В столовой появление Евы вызвало шок – уже все знают! – первой встала Руфина, швырнув на стол салфетку, за ней – Рика и Виктория Львовна с сестрой, которая чуть замешкалась, глаза Илоны были заплаканы, последним нехотя встал Нинель. Но, гримасничая, взял с собой тарелку с ростбифом. Он шел и ел на ходу. За столом остался только Юний Ильич. Билунов-главный ужинал только в воскресенье, потому что в будни никогда не приезжал раньше 23 часов, а в эти дни был с правительственным визитом в Польше.
Ева стояла ни жива ни мертва.
– Садись, – по-деловому кивнул Юний Ильич.
Ева подчинилась, ей было все равно.
Тут она заметила, что тарелка Юния краешком прижимает проклятую бумажку с ее почерком.
Официантка, поколебавшись, принесла Еве холодный омлет с зеленым сыром, хотя утром, читая меню на день, Ева пометила галочкой на ужин суфле.
– Скажи, – Юний Ильич ловко вертел на тарелке отбивную и кромсал мясо серебряным ножиком; раньше он никогда бы не позволил вот так разговаривать с набитым ртом. – Тебя не пытались завербовать на Западе?
– Вы в своем уме? – Ева пыталась тоже есть, чтобы говорить так же мельком, с набитым ртом, но у нее дрожали руки, и она, отложив стукающий нож с лихорадочной вилкой, взяла яблоко.

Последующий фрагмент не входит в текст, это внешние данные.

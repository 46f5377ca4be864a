-- ===== src/Multisig/Effects.antt =====
-- What the functions of multisig.rs leave of the configuration, the proposals and the nonce.
use grainlify_stellar_contra.Base.{
  ℕ, ◌+◌, ◌≡◌, ◌≤◌, true, false, Option, some, none, List, arith, inl, inr, Option-cases, contains,
  length, insert, [], ◌∷◌, push_back,
}
use grainlify_stellar_contra.Base.Host.{Address, Env, ok, Outcome-cases}
use grainlify_stellar_contra.Multisig.State.{
  State, MultiSigConfig, ProposalAction, upgrade, Proposal, Call,
}
use grainlify_stellar_contra.Multisig.Operations.{
  init, get_config, get_proposal, can_execute, propose, new_proposal, approve, approved_by,
  check_execute, mark_executed, executed_with, execute, remove_signer, add_signer, remove_each,
  add_each, rotate_signers, without,
}

-- The proposals, their counter and the nonce are as they were.
pub record SameProposals (s s' : State) : Type 0 where
  pub same_proposals : s'.proposals ≡ s.proposals
  pub same_counter : s'.proposal_counter ≡ s.proposal_counter
  pub same_nonce : s'.execution_nonce ≡ s.execution_nonce

-- A closure that leaves the multisig's storage alone, as the update of the code does.
abbrev pub Keeps : Env → Call (Unit {0}) → Type 0
Keeps e action = (s t : State) → action e s ≡ ok (tt, t) → t ≡ s

pub propose-ok :
    (e : Env) (s s' : State) (a : Address) (act : ProposalAction) {id : ℕ}
    → propose a act e s ≡ ok (id, s')
    → (c : MultiSigConfig) × (s.config ≡ some c)
      × (id ≡ s.proposal_counter + 1)
      × (s'.proposal_counter ≡ id)
      × (s'.proposals ≡ insert id (new_proposal act c) s.proposals)
      × (s'.config ≡ s.config)
      × (s'.execution_nonce ≡ s.execution_nonce)
unfolding propose get_config
propose-ok e s s' a (upgrade w) h = elim (Option-cases s.config) [
  | inl missing ↦ absurd (ground arith)
  | inr (c, k) ↦ (c, k, ground arith, ground arith, ground arith, ground arith, ground arith)
]

pub approve-ok :
    (e : Env) (s s' : State) (id : ℕ) (a : Address)
    → approve id a e s ≡ ok (tt, s')
    → (p : Proposal) × (s.proposals id ≡ some p)
      × (e.authorized a ≡ true)
      × (contains p.signers a ≡ true)
      × (p.executed ≡ false)
      × (contains p.approvals a ≡ false)
      × (s'.proposals ≡ insert id (approved_by p a) s.proposals)
      × (s'.config ≡ s.config)
      × (s'.proposal_counter ≡ s.proposal_counter)
      × (s'.execution_nonce ≡ s.execution_nonce)
unfolding approve get_proposal
approve-ok e s s' id a h = elim (Option-cases (s.proposals id)) [
  | inl missing ↦ absurd (ground arith)
  | inr (p, k) ↦ (
    p,
    k,
    ground arith,
    ground arith,
    ground arith,
    ground arith,
    ground arith,
    ground arith,
    ground arith,
    ground arith,
  )
]

-- An `execute` that succeeds found the proposal unexecuted and approved often enough, and the nonce
-- the one expected; it marks the proposal and moves the nonce on.
pub execute-ok :
    (e : Env) (s s' : State) (id : ℕ) (act : ProposalAction) (n : ℕ) (run : Call (Unit {0}))
    → Keeps e run
    → execute id act n run e s ≡ ok (tt, s')
    → (p : Proposal) × (s.proposals id ≡ some p)
      × (p.executed ≡ false)
      × (p.threshold ≤ length p.approvals)
      × (n ≡ s.execution_nonce)
      × (s'.execution_nonce ≡ n + 1)
      × (s'.proposals ≡ insert id (executed_with p n) s.proposals)
      × (s'.config ≡ s.config)
      × (s'.proposal_counter ≡ s.proposal_counter)
unfolding execute check_execute mark_executed get_proposal can_execute
execute-ok e s s' id act n run keeps h = elim (Option-cases (s.proposals id)) [
  | inl missing ↦ absurd (ground arith)
  | inr (p, k) ↦ elim (Outcome-cases (run e s)) [
    | inr (inl (x, failed)) ↦ absurd (ground arith)
    | inr (inr (x, failed)) ↦ absurd (ground arith)
    | inl (x, ran) ↦
        let same = keeps s x.1 ran in
        (
          p,
          k,
          ground arith,
          ground arith,
          ground arith,
          ground arith,
          ground arith,
          ground arith,
          ground arith,
        )
  ]
]

pub remove_signer-SameProposals :
    (e : Env) (s s' : State) (a b : Address)
    → remove_signer a b e s ≡ ok (tt, s')
    → SameProposals s s'
unfolding remove_signer get_config
remove_signer-SameProposals e s s' a b h = record {
  same_proposals = ground arith;
  same_counter = ground arith;
  same_nonce = ground arith;
}

pub add_signer-SameProposals :
    (e : Env) (s s' : State) (a b : Address) → add_signer a b e s ≡ ok (tt, s') → SameProposals s s'
unfolding add_signer get_config
add_signer-SameProposals e s s' a b h = record {
  same_proposals = ground arith;
  same_counter = ground arith;
  same_nonce = ground arith;
}

remove_each-same :
    (e : Env) (s : State) (signers as_ : List Address) {r : List Address × State}
    → remove_each signers as_ e s ≡ ok r
    → r.1 ≡ s
unfolding remove_each
remove_each-same e s signers [] h = cc
remove_each-same e s signers (a ∷ as_) {r} h =
    remove_each-same e s (without a signers) as_ {r = r} (ground arith)

add_each-same :
    (e : Env) (s : State) (signers as_ : List Address) {r : List Address × State}
    → add_each signers as_ e s ≡ ok r
    → r.1 ≡ s
unfolding add_each
add_each-same e s signers [] h = cc
add_each-same e s signers (a ∷ as_) {r} h =
    add_each-same e s (push_back signers a) as_ {r = r} (ground arith)

-- A `rotate_signers` that succeeds leaves some configuration, and the proposals alone.
pub rotate_signers-SameProposals :
    (e : Env) (s s' : State) (a : Address) (added removed : List Address) (n : Option ℕ)
    → rotate_signers a added removed n e s ≡ ok (tt, s')
    → SameProposals s s' × ((c : MultiSigConfig) × (s.config ≡ some c))
unfolding rotate_signers get_config
rotate_signers-SameProposals e s s' a added removed n h = elim (Option-cases s.config) [
  | inl missing ↦ absurd (ground arith)
  | inr (c, k) ↦ elim (Outcome-cases (remove_each c.signers removed e s)) [
    | inr (inl (x, failed)) ↦ absurd (ground arith)
    | inr (inr (x, failed)) ↦ absurd (ground arith)
    | inl (fewer, removes) ↦
        let same = remove_each-same e s c.signers removed removes in
        elim (Outcome-cases (add_each fewer.0 added e s)) [
          | inr (inl (x, failed)) ↦ absurd (ground arith)
          | inr (inr (x, failed)) ↦ absurd (ground arith)
          | inl (all, adds) ↦
              let same' = add_each-same e s fewer.0 added adds in
              (
                record {
                  same_proposals = ground arith;
                  same_counter = ground arith;
                  same_nonce = ground arith;
                },
                (c, k),
              )
        ]
  ]
]

pub init-ok :
    (e : Env) (s s' : State) (as_ : List Address) (n : ℕ)
    → init as_ n e s ≡ ok (tt, s')
    → (s.config ≡ none)
      × (s'.proposals ≡ s.proposals)
      × (s'.proposal_counter ≡ 0)
      × (s'.execution_nonce ≡ 0)
unfolding init
init-ok e s s' as_ n h = (ground arith, ground arith, ground arith, ground arith)

pub remove_signer-configured :
    (e : Env) (s s' : State) (a b : Address)
    → remove_signer a b e s ≡ ok (tt, s')
    → (c : MultiSigConfig) × (s.config ≡ some c)
unfolding remove_signer get_config
remove_signer-configured e s s' a b h = elim (Option-cases s.config) [
  | inl missing ↦ absurd (ground arith)
  | inr (c, k) ↦ (c, k)
]

pub add_signer-configured :
    (e : Env) (s s' : State) (a b : Address)
    → add_signer a b e s ≡ ok (tt, s')
    → (c : MultiSigConfig) × (s.config ≡ some c)
unfolding add_signer get_config
add_signer-configured e s s' a b h = elim (Option-cases s.config) [
  | inl missing ↦ absurd (ground arith)
  | inr (c, k) ↦ (c, k)
]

– Я с молодых лет в своем уме, – отпарировал тот холодно. – Значит, факт вербовки отрицаешь. Прекрасно. Но учти. Теперь я накрою тебя таким колпаком слежки, что ни одна тварь не проскочит. Предупреждаю, ты ничего, абсолютно ничего о нас не знаешь!
Он задрал голос.
– Какие любим книги? Не знаешь. Что едят? Не знаешь. Слабость к спиртному? Не знаю! Привычки, распорядок дня, хобби – не знаю! Ты вообще где прописана? – зевок.
– В Москве.
– А откуда в Москву приехала?
– Это что, допрос? Еще один?
– Ты хоть понимаешь, мышь-глупыш, – рассмеялся полковник, – с каким огнем играешь? По идее, у тебя паспорт надо отнять. Фамилию сменить. Искать меру пресечения. Язык отрезать. Глаза выколоть. Как при Иване Грозном… Но мы люди слабые, – он встал из-за стола, – а значит, будем ждать приказа.
Веселость Юния Ильича могла обмануть только бедную Еву, глаза его были мрачны – сука Руфина пошла ва-банк и выиграла: игра в вербовку члена семьи отменила игру в наказание Нинеля. Придется расставаться по-хорошему, то есть на их условиях.
И он вышел.
Ева в полном одиночестве дожевала проклятое яблоко. Официантка Клавочка, увидев, что омлет не тронут, быстро и молча унесла блюдо. Первыми меняют тон отношений слуги. Сколько напускной заботы было в ее устах еще утром: «Евочка, вам не нравится омлет? Спаржи не желаете? А творожку с клубникой?»
Через полчаса к ней в комнату постучала Рика, она держалась нервно, но вежливо, что при ее своенравности уже было знаком великого стеснения чувств. Шмыгнула носом:
– А у вас тут миленько, – обычно она избегала заходить в эту часть дачи. – Извини, я с половиной носа.
У нее опять шла носом кровь, и в левой ноздре белел кусочек ваты, другой она держала наготове.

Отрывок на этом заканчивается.